Still, she holds out hope her brain will continue finding new work-arounds.

She would like to return to Canada for more testing, to understand how her neural pathways may have changed even since her first scans. It's not a research field available to her in Scotland nor, really, anywhere else in the world.

She is grateful to Dutton for his support and to Culham's team at BMI for its ongoing expertise. "If not for them, we wouldn't know anything about my condition. They believed me. It's a shame I had to go all the way to Canada for somebody to believe me, but I'm glad I did it."

Meantime, she hopes to be able one day to see the face of her daughter, who is now an adult, or watch a soccer match with her husband and see more than the fleeting flash of a goalie's jersey.

"At the end of the day I just look at it as I'm here and I'm alive and I shouldn't have been. With the sight I've been left with, I just decided to get on with it. "

Culham, meanwhile, said Canning's experience is instructive for brain scientists. "There are so few (Riddoch) cases in general that any additional case helps. And she is a total delight to work with.

"Patients like Milena give us a sense of what is possible and, even more importantly, they give us a sense of what visual and cognitive functions go together."

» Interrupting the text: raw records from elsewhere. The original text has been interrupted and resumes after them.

-- ===== src/Kheap/Heap.antt =====
-- What it means that a heap is in order, and what `free` does with its blocks.
use luck_os.Common.{
  ℕ, ◌+◌, ◌-◌, ◌^◌, ◌≤◌, ◌<◌, ◌≡◌, ◌≢◌, refl, ap, ◌∙◌, true, false, List, [], ◌∷◌, ◌++◌, arith,
  if◌then◌else◌, subst, ◌⊎◌, inl, inr,
}
use luck_os.OrderedArray.{elements}
use luck_os.OrderedArray.Insert.{IsValid}
use luck_os.Kheap.{Kheap, kheap_magic}
use luck_os.Kheap.Bytes.{Memory, read32, read32_congr}
use luck_os.Kheap.Blocks.{Block, IsBlock, SameOutside}
use luck_os.Kheap.Index.{one_at, count, SameFrame}
use luck_os.Kheap.Tiling.{
  span, Tiles, hole_count, span-append, Tiles-append, Tiles-split, Tiles-frame, hole_count-append,
}

-- The heap lies in 32 bits, its index is in order, and no block seems to stand at its two ends.
pub record IsFramed (m : Memory) (h : Kheap) : Type 0 where
  pub above : 8 ≤ h.start_address
  pub ordered : h.start_address ≤ h.end_address
  pub below : h.end_address < 2 ^ 32
  pub index : IsValid h.index
  pub nothing_before : read32 m (h.start_address - 8) ≢ kheap_magic
  pub nothing_after : read32 m h.end_address ≢ kheap_magic

-- The heap consists of the blocks `bs`, and each hole stands once in the index.
pub record IsHeap (m : Memory) (h : Kheap) (bs : List Block) : Type 0 where
  pub framed : IsFramed m h
  pub tiles : Tiles m h.start_address bs
  pub ends : h.end_address ≡ h.start_address + span bs
  pub counts : (x : ℕ) → count x (elements h.index) ≡ hole_count x h.start_address bs

-- The same around a block `b` that does not stand in the index.
pub record IsOpen (m : Memory) (h : Kheap) (xs : List Block) (b : Block) (ys : List Block)
    : Type 0 where
  pub framed : IsFramed m h
  pub left : Tiles m h.start_address xs
  pub mid : IsBlock m (h.start_address + span xs) b
  pub right : Tiles m (h.start_address + span xs + (17 + b.size)) ys
  pub ends : h.end_address ≡ h.start_address + span xs + (17 + b.size) + span ys
  pub counts :
      (x : ℕ)
      → count x (elements h.index)
        ≡ hole_count x h.start_address xs
          + hole_count x (h.start_address + span xs + (17 + b.size)) ys

-- Two neighbours as one hole.
unfoldable pub joined : Block → Block → Block
joined b c = record { size = b.size + c.size + 17; hole = true }

-- A hole and the blocks behind it.
unfoldable pub right_merge : Block → List Block → Block × List Block
right_merge b [] = (b, [])
right_merge b (y ∷ ys) = if y.hole then (joined b y, ys) else (b, y ∷ ys)

-- The blocks in front of a hole, and the hole.
unfoldable pub left_merge : List Block → Block → List Block × Block
left_merge [] b = ([], b)
left_merge (x ∷ []) b = if x.hole then ([], joined x b) else (x ∷ [], b)
left_merge (x ∷ y ∷ xs) b = let rest = left_merge (y ∷ xs) b in (x ∷ rest.0, rest.1)

-- The blocks of the heap when `b` becomes a hole and joins the holes next to it.
unfoldable pub freed : List Block → Block → List Block → List Block
freed xs b ys =
    let right = right_merge (record { size = b.size; hole = true }) ys in
    let left = left_merge xs right.0 in left.0 ++ (left.1 ∷ right.1)

pub IsOpen-of_IsHeap :
    (m : Memory) (h : Kheap) (xs : List Block) (b : Block) (ys : List Block)
    → b.hole ≡ false
    → IsHeap m h (xs ++ (b ∷ ys))
    → IsOpen m h xs b ys
unfolding span hole_count
IsOpen-of_IsHeap m h xs b ys used ok =
    let (left, right) = Tiles-split m h.start_address xs (b ∷ ys) ok.tiles in
    record {
      framed = ok.framed;
      left = left;
      mid = right.0;
      right = right.1;
      ends = omega (arith, ok.ends, span-append xs (b ∷ ys));
      counts = λ x.
          ok.counts x ∙ hole_count-append x h.start_address xs (b ∷ ys) ∙ rw used (omega arith);
    }

pub IsHeap-of_IsOpen :
    (m : Memory) (h h' : Kheap) (xs : List Block) (b : Block) (ys : List Block)
    → b.hole ≡ true
    → IsOpen m h xs b ys
    → SameFrame h h'
    → ((x : ℕ)
        → count x (elements h'.index)
          ≡ one_at x (h.start_address + span xs) + count x (elements h.index))
    → IsHeap m h' (xs ++ (b ∷ ys))
unfolding span hole_count
IsHeap-of_IsOpen m h h' xs b ys hole ok same counts = record {
  framed = record {
    above = rw same.start_address (ok.framed.above);
    ordered = rw (same.start_address, same.end_address) (ok.framed.ordered);
    below = rw same.end_address (ok.framed.below);
    index = same.valid;
    nothing_before = rw same.start_address (ok.framed.nothing_before);
    nothing_after = rw same.end_address (ok.framed.nothing_after);
  };
  tiles =
      rw same.start_address (Tiles-append m h.start_address xs (b ∷ ys) ok.left (ok.mid, ok.right));
  ends = omega (arith, same.start_address, same.end_address, ok.ends, span-append xs (b ∷ ys));
  counts = λ x.
      rw (same.start_address, hole_count-append x h.start_address xs (b ∷ ys), hole)
        (omega (arith, counts x, ok.counts x));
}

pub same_word :
    (m m' : Memory) (a n x : ℕ)
    → SameOutside m m' a n
    → (x + 4 ≤ a) ⊎ (a + 17 + n ≤ x)
    → read32 m' x ≡ read32 m x
same_word m m' a n x out apart =
    read32_congr m m' x (out x (omega (arith, apart))) (out (x + 1) (omega (arith, apart)))
      (out (x + 2) (omega (arith, apart))) (out (x + 3) (omega (arith, apart)))

-- The frame outlasts a change of the index and of the bytes of one block.
pub IsFramed-of_SameFrame :
    (m m' : Memory) (h h' : Kheap) (a n : ℕ)
    → h.start_address ≤ a
    → a + 17 + n ≤ h.end_address
    → IsFramed m h
    → SameFrame h h'
    → SameOutside m m' a n
    → IsFramed m' h'
IsFramed-of_SameFrame m m' h h' a n lo hi ok same out = record {
  above = rw same.start_address (ok.above);
  ordered = rw (same.start_address, same.end_address) (ok.ordered);
  below = rw same.end_address (ok.below);
  index = same.valid;
  nothing_before =
      rw
        (same.start_address, same_word m m' a n (h.start_address - 8) out (omega (arith, ok.above)))
        (ok.nothing_before);
  nothing_after =
      rw (same.end_address, same_word m m' a n h.end_address out (omega arith)) (ok.nothing_after);
}

-- The block of an open place is written anew, with the same size.
pub IsOpen-of_IsBlock :
    (m m' : Memory) (h : Kheap) (xs : List Block) (b b' : Block) (ys : List Block)
    → b'.size ≡ b.size
    → IsBlock m' (h.start_address + span xs) b'
    → SameOutside m m' (h.start_address + span xs) b.size
    → IsOpen m h xs b ys
    → IsOpen m' h xs b' ys
IsOpen-of_IsBlock m m' h xs b b' ys size mid outside ok =
    let a = h.start_address + span xs in
    let same : SameFrame h h = record {
      start_address = refl;
      end_address = refl;
      size = refl;
      max_address = refl;
      valid = ok.framed.index;
      room = refl;
    } in
    let behind : a + (17 + b.size) ≡ a + (17 + b'.size) = omega (arith, size) in
    record {
      framed =
          IsFramed-of_SameFrame m m' h h a b.size (omega arith) (omega (arith, ok.ends)) ok.framed
            same outside;
      left = Tiles-frame m m' h.start_address xs (λ x lo hi. outside x (inl hi)) ok.left;
      mid = mid;
      right =
          subst (λ (t : ℕ). Tiles m' t ys) behind
            (Tiles-frame m m' (a + (17 + b.size)) ys (λ x lo hi. outside x (inr (omega arith)))
              ok.right);
      ends = omega (arith, ok.ends, size);
      counts = λ x. omega (arith, ok.counts x, ap (λ (t : ℕ). hole_count x t ys) behind);
    }

-- A block in use closes the place.
pub IsHeap-of_used :
    (m : Memory) (h : Kheap) (xs : List Block) (b : Block) (ys : List Block)
    → b.hole ≡ false
    → IsOpen m h xs b ys
    → IsHeap m h (xs ++ (b ∷ ys))
unfolding span hole_count
IsHeap-of_used m h xs b ys used ok = record {
  framed = ok.framed;
  tiles = Tiles-append m h.start_address xs (b ∷ ys) ok.left (ok.mid, ok.right);
  ends = omega (arith, ok.ends, span-append xs (b ∷ ys));
  counts =
      λ x. rw (hole_count-append x h.start_address xs (b ∷ ys), used) (omega (arith, ok.counts x));
}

Being able to map 30-40 visual areas in the human brain – with research expertise from London (Ont.), Glasgow, Maastricht, Princeton and Durham – has been a windfall for brain science and instructive about the brain's plasticity, she said.

For patients and health professionals, this also raises possibilities that introducing therapies using motion for people with similar traumatic injuries may improve function and quality of life, she said.